Momentum, RMSprop, and Adam Optimization for Gradient Descent
Say we’re trying to optimize over an oblong cost function like the one below.
from IPython.display import Image
Image('images/momentum_1.png')
Traditionally, we know that there’s a large emphasis on the learning rate, alpha, that dictates the step size of our gradient descent.
Too large, and we wind up over-shooting paths that would allow us to converge sooner (purple). Too small, and it takes forever to run (blue).
Image('images/momentum_2.png')
However, you look at these lines, they learn at a reasonable pace in the X plane, while oscillating back and forth in the Y.
Momentum
By introducing a concept of “Momentum” we can continue to enjoy the horizontal descent rate, while deliberately dampening the variance in the Y.
Pseudocode
We define v_dW and v_db terms to be “velocity” terms with the same shape as their gradient counterparts. And depending on our values for beta and alpha, we can tune how much momentum we want subsequent gradients to gather.
On iteration t:
Compue dW, db for current mini-batch
v_dW = beta * v_dW + (1 - beta) dW
v_db = beta * v_db + (1 - beta) db
W = W - alpha * v_dW
b = b - alpha * v_db
If this form looks similar to Exponentially Weighted Moving Averages, that’s only because it is.

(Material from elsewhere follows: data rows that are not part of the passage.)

-- ===== src/Generator/Kinds.antt =====
-- The four kinds of method, which are the values of its two flags.
use grpc_cb.Base.{Bool, true, false, Bytes}
use grpc_cb.Helpers.Descriptors.{Descriptor, MethodDescriptor}

-- The record of a method from its parts, so that a proof can split on the flags.
abbrev pub method_of : Bytes → Descriptor → Descriptor → Bool → Bool → MethodDescriptor
method_of name input output client server = record {
  name = name;
  input_type = input;
  output_type = output;
  client_streaming = client;
  server_streaming = server;
}

-- What holds for the four kinds of method holds for every method.
pub by_kind :
    (P : MethodDescriptor → Type 0)
    → ((n : Bytes) (i o : Descriptor) → P (method_of n i o false false))
    → ((n : Bytes) (i o : Descriptor) → P (method_of n i o true false))
    → ((n : Bytes) (i o : Descriptor) → P (method_of n i o false true))
    → ((n : Bytes) (i o : Descriptor) → P (method_of n i o true true))
    → (m : MethodDescriptor) → P m
by_kind P unary client server bidi m = go m.client_streaming m.server_streaming
  where
    go : (c s : Bool) → P (method_of m.name m.input_type m.output_type c s)
    go false false = unary m.name m.input_type m.output_type
    go true false = client m.name m.input_type m.output_type
    go false true = server m.name m.input_type m.output_type
    go true true = bidi m.name m.input_type m.output_type
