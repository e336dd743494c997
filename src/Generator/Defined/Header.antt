-- ===== src/Generator/Defined/Header.antt =====
-- Every `Print` of the functions that write the header finds its variables assigned.
use grpc_cb.Base.{◌≡◌, refl, true, List, [], ◌∷◌, ◌++◌, reverse, Bytes, codes, All}
use grpc_cb.Helpers.Descriptors.{MethodDescriptor, ServiceDescriptor, FileDescriptor}
use grpc_cb.Generator.Printing.{print, print_plain, calls, for_each, Parameters}
use grpc_cb.Generator.Variables.{
  IsDefined, checks, checks-cons, checks-append, checks-sequence, sequence, checks-for_each,
  checks-IsDefined, keys_of,
}
use grpc_cb.Generator.Header.{
  header_service_class, header_service_end, get_header_prologue, open_part, get_header_includes,
  print_header_client_method_public, print_header_service_method, header_service,
  get_header_services, close_part, get_header_epilogue,
}
use grpc_cb.Helpers.Tokenize.{tokenize}
use grpc_cb.Generator.Kinds.{by_kind}

abbrev service_keys : List Bytes
service_keys = codes "Service" ∷ []

client_method-checks :
    (m : MethodDescriptor) → checks service_keys (print_header_client_method_public m) ≡ true
unfolding checks print_header_client_method_public
client_method-checks = by_kind _ (λ n i o. refl) (λ n i o. refl) (λ n i o. refl) (λ n i o. refl)

service_method-checks :
    (m : MethodDescriptor) → checks service_keys (print_header_service_method m) ≡ true
unfolding checks print_header_service_method
service_method-checks = by_kind _ (λ n i o. refl) (λ n i o. refl) (λ n i o. refl) (λ n i o. refl)

header_service-checks : (s : ServiceDescriptor) → checks [] (header_service s) ≡ true
unfolding checks header_service
header_service-checks s =
    checks-append service_keys
      (sequence (
        for_each print_header_client_method_public s.methods
        ∷ header_service_class
        ∷ for_each print_header_service_method s.methods
        ∷ header_service_end
        ∷ []))
      (print_plain ("\n" ∷ []) ∷ [])
      (checks-sequence service_keys
        (for_each print_header_client_method_public s.methods
          ∷ header_service_class
          ∷ for_each print_header_service_method s.methods
          ∷ header_service_end
          ∷ [])
        (
          checks-for_each service_keys print_header_client_method_public s.methods
              client_method-checks,
          (
            refl,
            (
              checks-for_each service_keys print_header_service_method s.methods
                  service_method-checks,
              (refl, tt),
            ),
          ),
        ))
      refl

get_header_services-checks :
    (file : FileDescriptor) (params : Parameters)
    → checks [] (get_header_services file params) ≡ true
unfolding checks get_header_services
get_header_services-checks file params =
    by_namespace params.services_namespace
      (checks-for_each [] header_service file.services header_service-checks)
  where
    by_namespace :
        (namespace : Bytes)
        → checks [] (for_each header_service file.services) ≡ true
        → checks [] (get_header_services file (record { services_namespace = namespace })) ≡ true
    by_namespace [] h = checks-append [] (for_each header_service file.services) [] h refl
    by_namespace (c ∷ cs) h =
        checks-append (codes "services_namespace" ∷ []) (for_each header_service file.services)
          (print ("}  // namespace $services_namespace$\n\n" ∷ []) ∷ [])
          (checks-cons (codes "services_namespace") [] (for_each header_service file.services) h)
          refl

-- The functions that open and close the package's namespaces split on whether there is a package.
get_header_includes-checks :
    (file : FileDescriptor) (params : Parameters)
    → checks [] (get_header_includes file params) ≡ true
unfolding checks get_header_includes
get_header_includes-checks file params = go file.package_name
  where
    go :
        (package_name : Bytes)
        → checks [] (get_header_includes (record file { package_name = package_name }) params)
          ≡ true
    go [] = refl
    go (c ∷ cs) =
        checks-append (codes "package" ∷ codes "filename_base" ∷ codes "filename" ∷ [])
          (for_each open_part (tokenize (c ∷ cs) (codes "."))) (print_plain ("\n" ∷ []) ∷ [])
          (checks-for_each (codes "package" ∷ codes "filename_base" ∷ codes "filename" ∷ [])
            open_part (tokenize (c ∷ cs) (codes ".")) (λ part. refl))
          refl

get_header_epilogue-checks :
    (file : FileDescriptor) (params : Parameters)
    → checks [] (get_header_epilogue file params) ≡ true
unfolding checks get_header_epilogue
get_header_epilogue-checks file params = go file.package_name
  where
    go :
        (package_name : Bytes)
        → checks [] (get_header_epilogue (record file { package_name = package_name }) params)
          ≡ true
    go [] = refl
    go (c ∷ cs) =
        checks-append (codes "filename_identifier" ∷ codes "filename" ∷ [])
          (for_each close_part (reverse (tokenize (c ∷ cs) (codes "."))) ++ print ("\n" ∷ []) ∷ [])
          (print ("#endif  // GRPC_CB_$filename_identifier$__INCLUDED\n" ∷ []) ∷ [])
          (checks-append (codes "filename_identifier" ∷ codes "filename" ∷ [])
            (for_each close_part (reverse (tokenize (c ∷ cs) (codes ".")))) (print ("\n" ∷ []) ∷ [])
            (checks-for_each (codes "filename_identifier" ∷ codes "filename" ∷ []) close_part
              (reverse (tokenize (c ∷ cs) (codes "."))) (λ part. refl))
            refl)
          refl

-- Whatever the file and the parameters, every `Print` of the functions that write the header asks
-- only for variables that are assigned at that call, and each template's dollar signs pair up.
pub header-IsDefined :
    (file : FileDescriptor) (params : Parameters)
    → All IsDefined (calls [] (get_header_prologue file params))
      × All IsDefined (calls [] (get_header_includes file params))
      × All IsDefined (calls [] (get_header_services file params))
      × All IsDefined (calls [] (get_header_epilogue file params))
header-IsDefined file params = (
  checks-IsDefined [] (get_header_prologue file params)
      (unfold checks get_header_prologue keys_of in refl),
  checks-IsDefined [] (get_header_includes file params)
      (unfold keys_of in get_header_includes-checks file params),
  checks-IsDefined [] (get_header_services file params)
      (unfold keys_of in get_header_services-checks file params),
  checks-IsDefined [] (get_header_epilogue file params)
      (unfold keys_of in get_header_epilogue-checks file params),
)
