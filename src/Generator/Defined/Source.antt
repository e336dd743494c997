-- ===== src/Generator/Defined/Source.antt =====
-- Every `Print` of the functions that write the source file finds its variables assigned.
use grpc_cb.Base.{ℕ, ◌≡◌, refl, Bool, true, false, List, [], ◌∷◌, Bytes, codes, All}
use grpc_cb.Helpers.Descriptors.{MethodDescriptor, ServiceDescriptor, FileDescriptor}
use grpc_cb.Generator.Printing.{print, print_plain, calls, for_each, for_index, Parameters}
use grpc_cb.Generator.Variables.{
  IsDefined, checks, checks-append, checks-sequence, checks-for_each, checks-for_index,
  checks-IsDefined, keys_of,
}
use grpc_cb.Generator.Source.{
  get_source_prologue, open_source_part, get_source_includes, declare_descriptor, assign_descriptor,
  descriptor_methods, get_source_descriptors,
}
use grpc_cb.Generator.Server.{call_method_case, print_call_method}
use grpc_cb.Helpers.Tokenize.{tokenize}
use grpc_cb.Generator.Service.{
  source_service_stub, source_service_class, method_name, indexed_stub, indexed_server_method,
  print_source_service, get_source_services,
}
use grpc_cb.Generator.Kinds.{by_kind}

get_source_includes-checks :
    (file : FileDescriptor) (params : Parameters)
    → checks [] (get_source_includes file params) ≡ true
unfolding checks get_source_includes
get_source_includes-checks file params = go file.package_name
  where
    go :
        (package_name : Bytes)
        → checks [] (get_source_includes (record file { package_name = package_name }) params)
          ≡ true
    go [] = refl
    go (c ∷ cs) =
        checks-append [] (for_each open_source_part (tokenize (c ∷ cs) (codes ".")))
          (print ("\n" ∷ []) ∷ [])
          (checks-for_each [] open_source_part (tokenize (c ∷ cs) (codes ".")) (λ part. refl)) refl

abbrev file_keys : List Bytes
file_keys = codes "AssignDescriptorsName" ∷ codes "filename" ∷ []

descriptor_methods-checks :
    (file : FileDescriptor) → checks file_keys (descriptor_methods file) ≡ true
unfolding checks descriptor_methods
descriptor_methods-checks file =
    checks-append file_keys (for_index assign_descriptor 0 file.services)
      (print ("}  // $AssignDescriptorsName$()\n" ∷ "\n" ∷ [])
        ∷ print (
            "GOOGLE_PROTOBUF_DECLARE_ONCE(grpc_cb_AssignDescriptors_once_);\n"
            ∷ "inline void AssignDescriptorsOnce() {\n" ∷ "  ::google::protobuf::GoogleOnceInit(\n"
            ∷ "    &grpc_cb_AssignDescriptors_once_,\n" ∷ "    &$AssignDescriptorsName$);\n" ∷ "}\n"
            ∷ "\n" ∷ [])
        ∷ print_plain ("}  // namespace\n" ∷ "\n" ∷ [])
        ∷ [])
      (checks-for_index file_keys assign_descriptor 0 file.services (λ i s. refl)) refl

get_source_descriptors-checks :
    (file : FileDescriptor) (params : Parameters)
    → checks [] (get_source_descriptors file params) ≡ true
unfolding checks get_source_descriptors
get_source_descriptors-checks file params = go file.lite_runtime
  where
    declared : checks file_keys (for_each declare_descriptor file.services) ≡ true
    declared = checks-for_each file_keys declare_descriptor file.services (λ s. refl)

    go :
        (lite : Bool)
        → checks [] (get_source_descriptors (record file { lite_runtime = lite }) params) ≡ true
    go true =
        checks-append file_keys (for_each declare_descriptor file.services)
          (print_plain ("\n" ∷ []) ∷ []) declared refl
    go false =
        checks-append file_keys (for_each declare_descriptor file.services)
          (print_plain ("\n" ∷ []) ∷ descriptor_methods (record file { lite_runtime = false }))
          declared (descriptor_methods-checks (record file { lite_runtime = false }))

abbrev source_keys : List Bytes
source_keys = codes "Service" ∷ codes "Package" ∷ []

stub-checks : (i : ℕ) (m : MethodDescriptor) → checks source_keys (indexed_stub i m) ≡ true
unfolding checks indexed_stub
stub-checks i = by_kind _ (λ n a b. refl) (λ n a b. refl) (λ n a b. refl) (λ n a b. refl)

server_method-checks :
    (i : ℕ) (m : MethodDescriptor) → checks source_keys (indexed_server_method i m) ≡ true
unfolding checks indexed_server_method
server_method-checks i = by_kind _ (λ n a b. refl) (λ n a b. refl) (λ n a b. refl) (λ n a b. refl)

case-checks : (i : ℕ) (m : MethodDescriptor) → checks source_keys (call_method_case i m) ≡ true
unfolding checks call_method_case
case-checks i = by_kind _ (λ n a b. refl) (λ n a b. refl) (λ n a b. refl) (λ n a b. refl)

call_method-checks : (s : ServiceDescriptor) → checks source_keys (print_call_method s) ≡ true
unfolding checks print_call_method
call_method-checks s =
    checks-append source_keys (for_index call_method_case 0 s.methods)
      (print_plain (
          "  }  // switch\n" ∷ "  assert(false);\n" ∷ "  (void)request_buffer;\n"
          ∷ "  (void)call_sptr;\n" ∷ "}\n\n" ∷ [])
        ∷ [])
      (checks-for_index source_keys call_method_case 0 s.methods case-checks) refl

source_service-checks :
    (s : ServiceDescriptor) → checks (codes "Package" ∷ []) (print_source_service s) ≡ true
unfolding checks print_source_service
source_service-checks s =
    checks-sequence source_keys
      (for_each method_name s.methods
        ∷ source_service_stub
        ∷ for_index indexed_stub 0 s.methods
        ∷ source_service_class s
        ∷ print_call_method s
        ∷ for_index indexed_server_method 0 s.methods
        ∷ (print ("}  // namespace $Service$\n\n" ∷ []) ∷ [])
        ∷ [])
      (
        checks-for_each source_keys method_name s.methods (λ m. refl),
        (
          refl,
          (
            checks-for_index source_keys indexed_stub 0 s.methods stub-checks,
            (
              refl,
              (
                call_method-checks s,
                (
                  checks-for_index source_keys indexed_server_method 0 s.methods
                      server_method-checks,
                  (refl, tt),
                ),
              ),
            ),
          ),
        ),
      )

get_source_services-checks :
    (file : FileDescriptor) (params : Parameters)
    → checks [] (get_source_services file params) ≡ true
unfolding checks get_source_services
get_source_services-checks file params =
    checks-for_each (codes "Package" ∷ []) print_source_service file.services source_service-checks

-- Whatever the file and the parameters, every `Print` of the functions that write the source file
-- asks only for variables that are assigned at that call, and each template's dollar signs pair up.
pub source-IsDefined :
    (file : FileDescriptor) (params : Parameters)
    → All IsDefined (calls [] (get_source_prologue file params))
      × All IsDefined (calls [] (get_source_includes file params))
      × All IsDefined (calls [] (get_source_descriptors file params))
      × All IsDefined (calls [] (get_source_services file params))
source-IsDefined file params = (
  checks-IsDefined [] (get_source_prologue file params)
      (unfold checks get_source_prologue keys_of in refl),
  checks-IsDefined [] (get_source_includes file params)
      (unfold keys_of in get_source_includes-checks file params),
  checks-IsDefined [] (get_source_descriptors file params)
      (unfold keys_of in get_source_descriptors-checks file params),
  checks-IsDefined [] (get_source_services file params)
      (unfold keys_of in get_source_services-checks file params),
)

Note that because we’re weighting successive gradient steps against one another, the X movement will reinforce, whereas the Y movement will have a cancelling-out effect.
RMSprop
The Root Mean Squared propagation algorithm looks extremely similar to momentum approach we outlined above.
On iteration t:
Compue dW, db for current mini-batch
s_dW = beta * v_dW + (1 - beta) (dW ** 2)
s_db = beta * v_db + (1 - beta) (db ** 2)
W = W - alpha * (dW / (sqrt(s_dW) + epsilon))
b = b - alpha * (db / (sqrt(s_db) + epsilon))
Key difference here is how we element-wise square the last term in our calculations of s_dW and s_db. This matters a ton because on the update step, we’re dividing by the s coefficients (and adding a negligible epsilon coefficient so we don’t run into divide-by-zero errors)
So intuitively:
- If
dWis large- We square it, giving us a larger number in the denominator
- This makes the whole learning rate coefficient smaller, so we make a smaller update
- This is what we want to happen on our
Yaxis
- If
dbis small- Squaring it makes the number even smaller
- Dividing by the square root of a smaller number makes for a much larger update coefficient– a big step
- This is what we want to happen on the
Xaxis
Whereas the momentum approach ramps up after the model gains, well, momentum, this allows us to begin converging more quickly (green line) by correcting for a large gradient value right out of the gate.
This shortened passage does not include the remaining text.